#### EXERCISE BRIEF
Find the lines of the data below that include "every". Report their number only.

#### AVAILABLE DATA
┄┄┄┄┄┄┄┄┄┄
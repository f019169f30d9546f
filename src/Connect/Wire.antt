-- ===== src/Connect/Wire.antt =====
-- One side of the handshake over a chat that carries its frames.
use lortnoc_tahc.Base.{
  ◌≡◌, ◌≢◌, refl, ap, ◌∙◌, true, false, some, List, [], ◌∷◌, ◌++◌, append-nil, Bytes, Text, length,
  arith,
}
use lortnoc_tahc.Frame.{FrameType, offer, ack, build_frame}
use lortnoc_tahc.Frame.Laws.{parse_frame-build_frame}
use lortnoc_tahc.Keys.{Crypto, CryptoLaws, KeyPair, derive_conv_key}
use lortnoc_tahc.Session.{
  Session, established, frame_key, is_established, key_pair_or, start_offer, on_ack, accept_offer,
  already_handled,
}
use lortnoc_tahc.Connect.{
  World, Content, Effect, delivered, toasted, rescanned, raised, invite_sent, connected,
  handle_frame, try_send, send_offer, finish_offer, establish_from_offer, DecodeReply, decoded,
  on_bytes, on_decode,
}

-- A world in which the codec encodes every frame to a text that is not empty, Telegram sends it, and
-- the codec of the reader gives the bytes back.
pub record Carries (w : World) (read : Text → DecodeReply) : Type 0 where
  pub cover : Bytes → Text
  pub filled : (bytes : Bytes) → cover bytes ≢ []
  pub covers : (bytes : Bytes) → w.bytes_to_cover bytes ≡ some (cover bytes)
  pub sends : (text : Text) → w.send_cover_text text ≡ true
  pub reads : (bytes : Bytes) → read (cover bytes) ≡ decoded bytes

try_send-some :
    (w : World) (text : Text)
    → text ≢ []
    → w.send_cover_text text ≡ true
    → try_send w (some text) ≡ (true, delivered text ∷ [])
unfolding try_send
try_send-some w [] h e = absurd (h refl)
try_send-some w (x ∷ text) h e = rw e

-- The guard records the frame and touches nothing else.
pub already_handled_new :
    (s : Session) (type : FrameType) (pubkey : Bytes)
    → (already_handled s type pubkey).1 ≡ false
    → (already_handled s type pubkey).0
      ≡ record s { handled_frames = frame_key type pubkey ∷ s.handled_frames }
unfolding already_handled
already_handled_new s type pubkey h = ground arith

-- The session that a peer key leaves which is not of low order.
abbrev pub met : Crypto → Session → Bytes → Bytes → Session
met c s random peer = record s {
  key_pair = some (key_pair_or c s.key_pair random);
  peer_pub = some peer;
  conv_key =
      some
        (let kp = key_pair_or c s.key_pair random in derive_conv_key c kp.private peer kp.public);
  status = established;
}

accept_offer-met :
    (c : Crypto) (s : Session) (random peer : Bytes)
    → c.low_order peer ≡ false
    → accept_offer c s random peer
      ≡ (met c s random peer, some (build_frame ack (key_pair_or c s.key_pair random).public))
unfolding accept_offer
accept_offer-met c s random peer regular = rw (accept_offer, regular) refl

pub on_ack-met :
    (c : Crypto) (s : Session) (random peer : Bytes)
    → c.low_order peer ≡ false
    → on_ack c s random peer ≡ met c s random peer
unfolding on_ack
on_ack-met c s random peer regular = rw (on_ack, regular) refl

module _ (c : Crypto) (read : Text → DecodeReply) where
  -- A content script reads, live and in order, the texts that the other side delivered.
  unfoldable pub hear : World → List Effect → Content → Content × List Effect
  hear w [] s = (s, [])
  hear w (delivered text ∷ es) s =
      let (s', effects, _) = on_decode c w s (read text) false in
      let (t, more) = hear w es s' in (t, effects ++ more)
  hear w (toasted t ∷ es) s = hear w es s
  hear w (rescanned ∷ es) s = hear w es s
  hear w (raised ∷ es) s = hear w es s

  abbrev pub own_key : World → Content → KeyPair
  own_key w s = key_pair_or c s.session.key_pair w.random

  module _ (laws : CryptoLaws c) (w : World) (up : Carries w read) where
    sent_up :
        (bytes : Bytes)
        → try_send w (w.bytes_to_cover bytes) ≡ (true, delivered (up.cover bytes) ∷ [])
    sent_up bytes = rw (up.covers bytes) (try_send-some w _ (up.filled bytes) (up.sends _))

    pub send_offer_up :
        (s : Content)
        → is_established s.session.status ≡ false
        → send_offer c w s ≡ (
          record s { session = (start_offer c s.session w.random).0; answer_watch = true },
          delivered (up.cover (build_frame offer (own_key w s).public)) ∷ toasted invite_sent ∷ [],
        )
    unfolding send_offer start_offer
    send_offer_up s unset = rw (unset, send_offer, sent_up (build_frame offer (own_key w s).public))

    pub establish_up :
        (s : Content) (pubkey : Bytes)
        → c.low_order pubkey ≡ false
        → establish_from_offer c w s pubkey ≡ (
          record s {
            session = met c s.session w.random pubkey;
            answer_watch = false;
            tag_failures = 0;
            mismatch_warned = false;
          },
          delivered (up.cover (build_frame ack (own_key w s).public))
              ∷ rescanned
              ∷ toasted connected
              ∷ [],
        )
    unfolding establish_from_offer finish_offer
    establish_up s pubkey regular =
        ap (λ r. finish_offer c w s r.0 r.1) (accept_offer-met c s.session w.random pubkey regular)
        ∙ rw (finish_offer, sent_up (build_frame ack (own_key w s).public))

    -- A frame that arrives is handled.
    pub hear_frame :
        (v : World) (s : Content) (type : FrameType) (pubkey : Bytes) (es : List Effect)
        → length pubkey ≡ 32
        → hear v (delivered (up.cover (build_frame type pubkey)) ∷ es) s ≡ (
            let (s', effects) = handle_frame c v s type pubkey in
            let (t, more) = hear v es s' in (t, effects ++ more))
    unfolding hear on_decode on_bytes
    hear_frame v s type pubkey es sized =
        rw (up.reads, hear, on_decode, parse_frame-build_frame type pubkey sized)

    -- The one frame among some effects arrives, and the rest of them carry nothing.
    pub hear_only :
        (v : World) (s t : Content) (type : FrameType) (pubkey : Bytes) (es sent : List Effect)
        → length pubkey ≡ 32
        → handle_frame c v s type pubkey ≡ (t, sent)
        → hear v es t ≡ (t, [])
        → hear v (delivered (up.cover (build_frame type pubkey)) ∷ es) s ≡ (t, sent)
    hear_only v s t type pubkey es sent sized e quiet =
        hear_frame v s type pubkey es sized ∙ rw (e, quiet) (ap (λ l. (t, l)) (append-nil sent))
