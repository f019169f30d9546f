-- ===== src/Connect/Sessions.antt =====
-- What an established session ignores, and what replaces it.
use lortnoc_tahc.Base.{◌≡◌, ◌⊎◌, true, false, [], Bytes, arith}
use lortnoc_tahc.Frame.{FrameType, offer, ack}
use lortnoc_tahc.Keys.{Crypto}
use lortnoc_tahc.Session.{
  established, is_mine, is_peer, is_established, clear_handled_frames, already_handled,
}
use lortnoc_tahc.Connect.{World, Content, handle_frame, establish_from_offer, act_on_frame}

module _ (c : Crypto) (w : World) where
  -- An established session is left as it is, and nothing is sent, by every frame but an offer from a
  -- public key that is neither ours nor the recorded peer's: by our own frames, by every ACK, and by
  -- a repeated offer of the peer.
  pub handle_frame_established :
      (s : Content) (type : FrameType) (pubkey : Bytes)
      → s.session.status ≡ established
      → ((is_mine s.session pubkey ≡ true) ⊎ ((type ≡ ack) ⊎ (is_peer s.session pubkey ≡ true)))
      → handle_frame c w s type pubkey ≡ (s, [])
  unfolding handle_frame
  handle_frame_established s type pubkey est why = ground arith

  -- An offer from a key that is neither ours nor the recorded peer's replaces an established session:
  -- the frames seen are forgotten and the session is established with that key.
  pub handle_frame_restarted :
      (s : Content) (pubkey : Bytes)
      → s.session.status ≡ established
      → is_mine s.session pubkey ≡ false
      → is_peer s.session pubkey ≡ false
      → handle_frame c w s offer pubkey
        ≡ establish_from_offer c w (record s { session = clear_handled_frames s.session }) pubkey
  unfolding handle_frame
  handle_frame_restarted s pubkey est other new = ground arith

  -- In a session that is not established, a frame of another that the guard has not seen is acted on.
  pub handle_frame_new :
      (s : Content) (type : FrameType) (pubkey : Bytes)
      → is_established s.session.status ≡ false
      → is_mine s.session pubkey ≡ false
      → (already_handled s.session type pubkey).1 ≡ false
      → handle_frame c w s type pubkey
        ≡ act_on_frame c w
            (record s { session = (already_handled s.session type pubkey).0 })
            type
            pubkey
  unfolding handle_frame
  handle_frame_new s type pubkey unset other new = ground arith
┄┄┄┄┄┄┄┄┄┄
#### SOLUTION BELOW
3